Israeli Days/Jordanian Nights: Day 15

View from Yad Vashem's perch on Mount Herzl in Jerusalem.

View from Yad Vashem's perch on Mount Herzl in Jerusalem.

Today began on a somber note with a visit to Yad Vashem, Israel's official Holocaust remembrance center. We were given audio tour guide devices and headphones, and then let loose to examine the exhibits in the Holocaust History Museum — one portion of Yad Vashem — at our own pace. 

The Holocaust History Museum is designed in such a way that visitors zigzag back and forth, continually traversing a main hall that runs the course of the building. This main hall, whose ceiling comes to a triangular point, is divided by partitions that serve as introductions to each new section/room. In this way, one experiences the exhibits in chronological order, beginning with a short film about Jewish life in Europe before the Holocaust and concluding with stories of liberation, rescuers and resistors, and how people tried to pick up the pieces in the immediate aftermath of World War II.

Taking my time walking around, I was reminded of the various books I've read and movies I've seen that either touch on or directly focus on the atrocities committed during the Holocaust and how people — Jewish and otherwise — faced the terror of the Nazi regime. I think the earliest exposure to the event I may have had was in fifth grade when I read Lois Lowry's Number the Stars, a fictional tale about a Jewish family living in Denmark during the war who eventually make a daring escape to neutral Sweden.

Then there has been Jerry Spinelli's Milkweed, about a young boy in Nazi-occupied Poland; Markus Zusak's The Book Thief, about a young girl living in Germany during the war; and films like Shutter Island and The Boy in the Striped Pajamas, the former of which centers around an American soldier suffering from slight post-traumatic stress disorder due to his service during WWII, the latter of which tells the immensely tragic (fictional) story of two eight-year-old boys and how they experienced the Holocaust. 

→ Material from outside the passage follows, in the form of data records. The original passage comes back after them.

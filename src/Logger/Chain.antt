-- ===== src/Logger/Chain.antt =====
-- The parent chain of a logger is the list of its existing ancestors by name, and then the root.
use log4cplus.Common.{
  ℕ, zero, suc, ◌-◌, ◌≤◌, ◌<◌, ◌≡◌, refl, Option, none, some, List, [], ◌∷◌, ◌++◌, Text, length,
  length-append, take, take-take, get_elem?-take, Option-cases, inl, inr, arith,
}
use log4cplus.Common.Map.{Map, find}
use log4cplus.Hierarchy.Names.{prefixes_from, prefixes}
use log4cplus.Hierarchy.Prefixes.{has-prefixes_from, length-take_le}
use log4cplus.Hierarchy.Closest.{closest, nearest, closest_at_root, closest_at_nearest}
use log4cplus.Hierarchy.Inv.{Inv}
use log4cplus.Hierarchy.{Hierarchy, LoggerImpl}

-- The loggers that exist at the given names.
unfoldable pub existing : Map ℕ → List Text → List ℕ
existing m [] = []
existing m (p ∷ ps) = elim (find p m) [ none ↦ existing m ps | some a ↦ a ∷ existing m ps ]

-- The specification: the existing ancestors by name, closest first, and the root.
abbrev pub ancestry : Map ℕ → Text → List ℕ
ancestry m n = existing m (prefixes n) ++ 0 ∷ []

-- Following parent pointers from `c` gives the list and ends at a null pointer.
abbrev pub IsChain : (ℕ → LoggerImpl) → Option ℕ → List ℕ → Type 0
IsChain heap c [] = c ≡ none
IsChain heap c (x ∷ xs) = (c ≡ some x) × IsChain heap (heap x).parent xs

existing-none : (m : Map ℕ) (ps : List Text) → nearest m ps ≡ none → existing m ps ≡ []
unfolding nearest existing
existing-none m [] e = refl
existing-none m (p ∷ ps) e = ground (arith, existing-none m ps)

-- The parent names of a parent name are those that follow it.
prefixes_from-take : (n : Text) (i j : ℕ) → i < j → prefixes_from (take j n) i ≡ prefixes_from n i
unfolding prefixes_from
prefixes_from-take n zero j h = refl
prefixes_from-take n (suc i) j h =
    ground (arith, prefixes_from-take n i j, get_elem?-take (suc i) j n, take-take (suc i) j n)

existing-nearest :
    (m : Map ℕ) (n q : Text) (k : ℕ)
    → k < length n
    → nearest m (prefixes_from n k) ≡ some q
    → existing m (prefixes_from n k) ≡ closest m (prefixes_from n k) ∷ existing m (prefixes q)
unfolding nearest existing closest prefixes_from prefixes
existing-nearest m n q zero lt e = cc
existing-nearest m n q (suc k) lt e =
    ground
      (arith, existing-nearest m n q k, prefixes_from-take n k (suc k), length-take_le n (suc k))

length-existing : (m : Map ℕ) (n : Text) (k : ℕ) → length (existing m (prefixes_from n k)) ≤ k
unfolding existing prefixes_from
length-existing m n zero = omega arith
length-existing m n (suc k) = ground (arith, length-existing m n k)

existing_name_length :
    (h : Hierarchy) (q : Text) (a : ℕ) → Inv h → find q h.logger_ptrs ≡ some a → 0 < length q
existing_name_length h [] a v e = cc (v.no_empty)
existing_name_length h (c ∷ q) a v e = omega arith

IsChain-at_root : (h : Hierarchy) → Inv h → IsChain h.heap (some 0) (0 ∷ [])
IsChain-at_root h v = (refl, v.root_parent)

IsChain-from_closest :
    (h : Hierarchy) (k : ℕ) (n : Text)
    → Inv h
    → length n ≤ k
    → 0 < length n
    → IsChain h.heap (some (closest h.logger_ptrs (prefixes n))) (ancestry h.logger_ptrs n)
unfolding prefixes
IsChain-from_closest h zero n v le pos = absurd (omega arith)
IsChain-from_closest h (suc k) n v le pos =
    let m = h.logger_ptrs in
    elim (Option-cases (nearest m (prefixes n))) [
      | inl e ↦
          rw (existing-none m (prefixes n) e, closest_at_root m (prefixes n) e)
            (IsChain-at_root h v)
      | inr (q, e) ↦
          let (f, below) = closest_at_nearest m q (prefixes n) e in
          let shorter = has-prefixes_from n q (length n - 1) (omega arith) below in
          let up =
            IsChain-from_closest h k q v (omega (arith, shorter.0))
              (existing_name_length h q _ v f) in
          rw (existing-nearest m n q (length n - 1) (omega arith) e)
            (refl, rw (v.parented q _ f) up)
    ]

-- In a tree that satisfies the invariant, following the parent pointers from the logger at `n`
-- visits that logger, the existing ancestors of `n` by name from the closest to the farthest, then
-- the root, and ends.
pub parent-IsChain :
    (h : Hierarchy) (n : Text) (a : ℕ)
    → Inv h
    → find n h.logger_ptrs ≡ some a
    → IsChain h.heap (some a) (a ∷ ancestry h.logger_ptrs n)
parent-IsChain h n a v e = (
  refl,
  rw (v.parented n a e)
      (IsChain-from_closest h (length n) n v (omega arith) (existing_name_length h n a v e)),
)

-- The chain is no longer than the name.
pub length-ancestry :
    (h : Hierarchy) (n : Text) (a : ℕ)
    → Inv h
    → find n h.logger_ptrs ≡ some a
    → length (ancestry h.logger_ptrs n) ≤ length n
unfolding prefixes
length-ancestry h n a v e = omega (
  arith,
  length-existing h.logger_ptrs n (length n - 1),
  length-append (existing h.logger_ptrs (prefixes_from n (length n - 1))) (0 ∷ []),
  existing_name_length h n a v e,
)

That media objects such as these continue to be churned out and that places of remembrance like Yad Vashem are maintained and pull in thousands of visitors annually is a good sign to me. It means we aren't soon forgetting how dangerous racism and ignorance can be; though assuredly, we have much more work to accomplish in those departments, in Israel, America, and elsewhere.

Verse from the Book of Matthew posted at the Garden of Gethsemane.

Verse from the Book of Matthew posted at the Garden of Gethsemane.

Following a light lunch in the cafe at Yad Vashem, we journeyed to an archaeological site in Jerusalem called the City of David, where remains of ancient Jerusalem can be found. One attraction — if we want to call it that — is an underground tunnel that was once part of the ancient city's water system. Built by King Hezekiah, mentioned as an ancestor of Jesus in the Bible (Matthew 1:1-17), the tunnel is one of many that supplied ancient Jerusalem with spring water when under siege.

A large subsection of our group opted to walk through Hezekiah's Tunnel, where the water still runs and comes up to about the knees (for those of average height) at its deepest. For most of the way, the water was only up to my ankles. Some portions of the walkable tunnel are pretty darn narrow — a tight squeeze, one might say, for the three Michigan football players on the trip.

The last significant stop of the day was the Garden of Gethsemane, the site, the New Testament tells us, where Jesus was arrested following the Last Supper (though the two places are at a substantial-enough distance from one another, separated by a valley). The garden is not all that large, but is just as beautiful — if not more — than the church which now sits adjacent to it at the foot of the Mount of Olives. One portion contains a series of rocks that spell out "PEACE", and science, apparently, claims that a handful of the olive trees situated in the garden may be the oldest in the world.

Now, as enjoyable as it has been to sit in the hallway of the fifth floor of our current hotel — where the Wifi signal works best — I think it's time I should be moving on. See you tomorrow.